In early iterations of 287(g), called the “task force” model, local police officers were authorized to check papers in the field. But Justice Department investigations found this approach to be rife with civil rights concerns. The most egregious case was the implementation of this program under Joe Arpaio, former sheriff of Maricopa County, Arizona. His police force became notorious for the inhumane and humiliating conditions it imposed on immigrant detainees in their custody. When their jails became overcrowded, for example, Arpaio housed immigrant detainees in “concentration camps”—tent cities where temperatures rose to 135 degrees. Arpaio’s implementation of 287(g) was also extraordinarily costly: The Arizona Republic dubbed him “the most expensive sheriff in America.” Taxpayers bore the brunt not just of overtime and benefits for his staff but for his legal fees after he was hit by lawsuits.
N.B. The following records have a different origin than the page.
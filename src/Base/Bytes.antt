-- ===== src/Base/Bytes.antt =====
-- Numbers in network byte order (htons, htonl and their inverses).
use Prim.Native.Nat.{ℕ, ◌+◌, ◌*◌, ◌/◌, ◌%◌, ◌^◌, ◌<◌}
use mathlib.Core.Path.{◌≡◌}
use mathlib.Core.List.{List, [], ◌∷◌}
use native.Mathlib.Omega.{arith}

abbrev pub byte : ℕ → ℕ → ℕ
byte n k = n / 256 ^ k % 256

abbrev pub be16 : ℕ → List ℕ
be16 n = byte n 1 ∷ byte n 0 ∷ []

abbrev pub be32 : ℕ → List ℕ
be32 n = byte n 3 ∷ byte n 2 ∷ byte n 1 ∷ byte n 0 ∷ []

abbrev pub from_be16 : ℕ → ℕ → ℕ
from_be16 a b = a * 256 + b

abbrev pub from_be32 : ℕ → ℕ → ℕ → ℕ → ℕ
from_be32 a b c d = ((a * 256 + b) * 256 + c) * 256 + d

pub from_be16-be16 : (n : ℕ) → n < 2 ^ 16 → from_be16 (byte n 1) (byte n 0) ≡ n
from_be16-be16 n h = omega arith

pub from_be32-be32 :
    (n : ℕ) → n < 2 ^ 32 → from_be32 (byte n 3) (byte n 2) (byte n 1) (byte n 0) ≡ n
from_be32-be32 n h = omega arith
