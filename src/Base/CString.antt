-- ===== src/Base/CString.antt =====
-- C strings in a byte buffer.
use Prim.Native.Nat.{ℕ}
use Prim.Native.Char.{code}
use Prim.Native.String.{String}
use mathlib.Core.Path.{◌≡◌, refl, sym, ap, ◌∙◌}
use mathlib.Core.Logic.{◌≢◌}
use mathlib.Core.List.{List, [], ◌∷◌, ◌++◌, append-nil}
use native.Mathlib.Omega.{arith}
use c_libp2p.Base.Tests.{◌==◌, ==_refl, if◌then◌else◌, if_true}
use c_libp2p.Base.Lists.{All}

-- The bytes of an ASCII literal.
abbrev pub codes : String → List ℕ
codes String.[] = []
codes (String.◌∷◌ c s) = code c ∷ codes s

-- What `strlen`, `strcmp` and `%s` see of a buffer: the bytes before the first NUL.
unfoldable pub c_string : List ℕ → List ℕ
c_string [] = []
c_string (b ∷ bs) = if b == 0 then [] else b ∷ c_string bs

-- A byte string with no NUL in it.
abbrev pub IsText : List ℕ → Type 0
IsText = All (λ b. b ≢ 0)

pub c_string-text : (bs : List ℕ) → IsText bs → c_string bs ≡ bs
unfolding c_string
c_string-text [] h = refl
c_string-text (b ∷ bs) h = ground (arith, c_string-text bs h.1, h.0)

pub IsText-append : (xs ys : List ℕ) → IsText xs → IsText ys → IsText (xs ++ ys)
IsText-append [] ys hx hy = hy
IsText-append (x ∷ xs) ys hx hy = (hx.0, IsText-append xs ys hx.1 hy)

-- the bytes that `strtok` may put into a token
abbrev pub IsWord : ℕ → List ℕ → Type 0
IsWord sep = All (λ b. b ≢ sep)

-- a token, unless it is empty
abbrev pub flush : List ℕ → List (List ℕ) → List (List ℕ)
flush [] words = words
flush (b ∷ bs) words = (b ∷ bs) ∷ words

-- the bytes before the first separator, and the tokens after it
unfoldable pub cut : ℕ → List ℕ → List ℕ × List (List ℕ)
cut sep [] = ([], [])
cut sep (b ∷ bs) =
    let (word, more) = cut sep bs in if b == sep then ([], flush word more) else (b ∷ word, more)

-- what a first call of `strtok` and then all further ones give, until they give NULL
unfoldable pub tokens : ℕ → List ℕ → List (List ℕ)
unfolding cut
tokens sep bs = flush (cut sep bs).0 (cut sep bs).1

cut-append :
    (sep : ℕ) (w bs : List ℕ)
    → IsWord sep w
    → cut sep (w ++ bs) ≡ (w ++ (cut sep bs).0, (cut sep bs).1)
unfolding cut
cut-append sep [] bs h = refl
cut-append sep (b ∷ w) bs h = ground (arith, cut-append sep w bs h.1, h.0)

cut_sep : (sep : ℕ) (bs : List ℕ) → cut sep (sep ∷ bs) ≡ ([], tokens sep bs)
unfolding cut tokens
cut_sep sep bs = if_true (sep == sep) _ _ (==_refl sep)

pub tokens_sep : (sep : ℕ) (bs : List ℕ) → tokens sep (sep ∷ bs) ≡ tokens sep bs
unfolding tokens
tokens_sep sep bs = rw (cut_sep sep bs) refl

-- A token that a separator ends.
pub tokens-word :
    (sep b : ℕ) (w bs : List ℕ)
    → IsWord sep (b ∷ w)
    → tokens sep ((b ∷ w) ++ sep ∷ bs) ≡ (b ∷ w) ∷ tokens sep bs
unfolding tokens
tokens-word sep b w bs h = rw (cut-append sep (b ∷ w) (sep ∷ bs) h, cut_sep sep bs, append-nil) refl

-- A last token.
pub tokens_last : (sep b : ℕ) (w : List ℕ) → IsWord sep (b ∷ w) → tokens sep (b ∷ w) ≡ (b ∷ w) ∷ []
unfolding tokens cut
tokens_last sep b w h =
    ap (tokens sep) (sym (append-nil (b ∷ w))) ∙ rw (cut-append sep (b ∷ w) [] h, append-nil) refl

-- a text that `strtok` gives as one token
pub record IsName (sep : ℕ) (name : List ℕ) : Type 0 where
  pub nonempty : name ≢ []
  pub text : IsText name
  pub word : IsWord sep name

-- texts with a separator between them
abbrev pub joined : ℕ → List ℕ → List (List ℕ) → List ℕ
joined sep name [] = name
joined sep name (other ∷ names) = name ++ sep ∷ joined sep other names

pub joined-IsText :
    (sep : ℕ)
    → sep ≢ 0
    → (name : List ℕ) (names : List (List ℕ)) → IsName sep name
    → All (IsName sep) names
    → IsText (joined sep name names)
joined-IsText sep z name [] h hs = h.text
joined-IsText sep z name (other ∷ names) h hs =
    IsText-append name (sep ∷ joined sep other names) h.text
      (z, joined-IsText sep z other names hs.0 hs.1)

pub tokens-joined :
    (sep : ℕ) (name : List ℕ) (names : List (List ℕ))
    → IsName sep name
    → All (IsName sep) names
    → tokens sep (joined sep name names) ≡ name ∷ names
tokens-joined sep [] names h hs = absurd (h.nonempty refl)
tokens-joined sep (b ∷ w) [] h hs = tokens_last sep b w h.word
tokens-joined sep (b ∷ w) (other ∷ names) h hs =
    tokens-word sep b w (joined sep other names) h.word
    ∙ ap (λ l. (b ∷ w) ∷ l) (tokens-joined sep other names hs.0 hs.1)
In the version of the program that the 78 counties currently have, only jail officers take on ICE’s responsibility. This is an easier sell to local governments, because law enforcement is ostensibly investigating individuals who’re already being booked for crimes. But critics point out that by potentially sidestepping the criminal justice process, the jail-only approach to 287(g) leaves the door open to discrimination and abuses—especially if officers aren’t properly trained. What if officers target witnesses of crime who have come forward to help law enforcement, for example?
Indeed, an analysis of the arrests made by the Sheriff’s office in Frederick County, Maryland, suggests that the program “led to a biased increase in the arrests of Hispanics, regardless of immigrant status.” What’s more: The incentives for racial profiling may become even more robust if the federal government couples 287(g) agreements with contracts through which it pays local governments money to jail immigrants. The Daily Beast explored the case of Tulsa County, Oklahoma, where sheriff’s officers can make immigration arrests of people who may have been brought to jail for, say, a traffic violation, and then pocket $54.13 a pop for locking them up.
“The problem with 287(g) is not that it’s badly managed (and as I recollect from previous OIG investigations, [it] always has been)—but that it’s a fundamentally bad idea that encourages racial profiling and discrimination by local law enforcement,” Lena Grabar, staff attorney at the Immigrant Legal Resource Center (ILRC) said via email.
In response to the OIG’s recommendations, ICE is taking corrective measures that it plans to complete by 2019, according to ICE spokesperson Sarah Rodriguez. In an email statement, she told CityLab that “ICE is committed to strengthening the 287(g) Program, which enhances the safety and security of communities by partnering with state and local law enforcement agencies to identify and arrest criminal aliens.”
Previous research, however, has shown that embracing the 287(g) program can actually worsen public safety by alienating immigrant communities, and discourage them from reporting or helping solve crimes. “It doesn’t just affect immigrant communities—it affects anyone in the community,” Stageman said. “It’s an overall negative.”
While 78 jurisdictions have formally signed up for the 287(g) program, many others support federal immigration enforcement through a range of polices. Overall, there is a substantially larger number of counties that lean toward sanctuary policies: Earlier in the year, ILRC analyzed policies in 3,000-plus U.S. counties and found that 410 localities strengthened sanctuary policies in 2017, whereas 244 strengthened their support for immigration enforcement, including, potentially, by signing up for 287(g) agreements. ICE’s deportation machinery is fueled by law enforcement support. That’s why the real battle against the Trump administration’s immigration agenda is being played out locally.